(Beginning of SUPPLIED MATERIAL)

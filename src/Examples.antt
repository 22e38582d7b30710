-- ===== src/Examples.antt =====
-- The theorems at concrete inputs.
pub mod Streaming
pub mod Limits
pub mod Clients
pub mod Caches
pub mod Bans
pub mod Texts
pub mod Links
pub mod Settings
pub mod Locking
pub mod Admitting
pub mod Ingesting
pub mod Filing
pub mod Tokens
pub mod Starting
pub mod Batches
pub mod Banning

(End of SUPPLIED MATERIAL)

**EXERCISE INSTRUCTIONS**
Write out the data a second time, exactly the same.

**THE ANSWER**
filename src/Examples.antt
repository 22e38582d7b30710
-- ===== src/Examples.antt =====
-- The theorems at concrete inputs.
pub mod Streaming
pub mod Limits
pub mod Clients
pub mod Caches
pub mod Bans
pub mod Texts
pub mod Links
pub mod Settings
pub mod Locking
pub mod Admitting
pub mod Ingesting
pub mod Filing
pub mod Tokens
pub mod Starting
pub mod Batches
pub mod Banning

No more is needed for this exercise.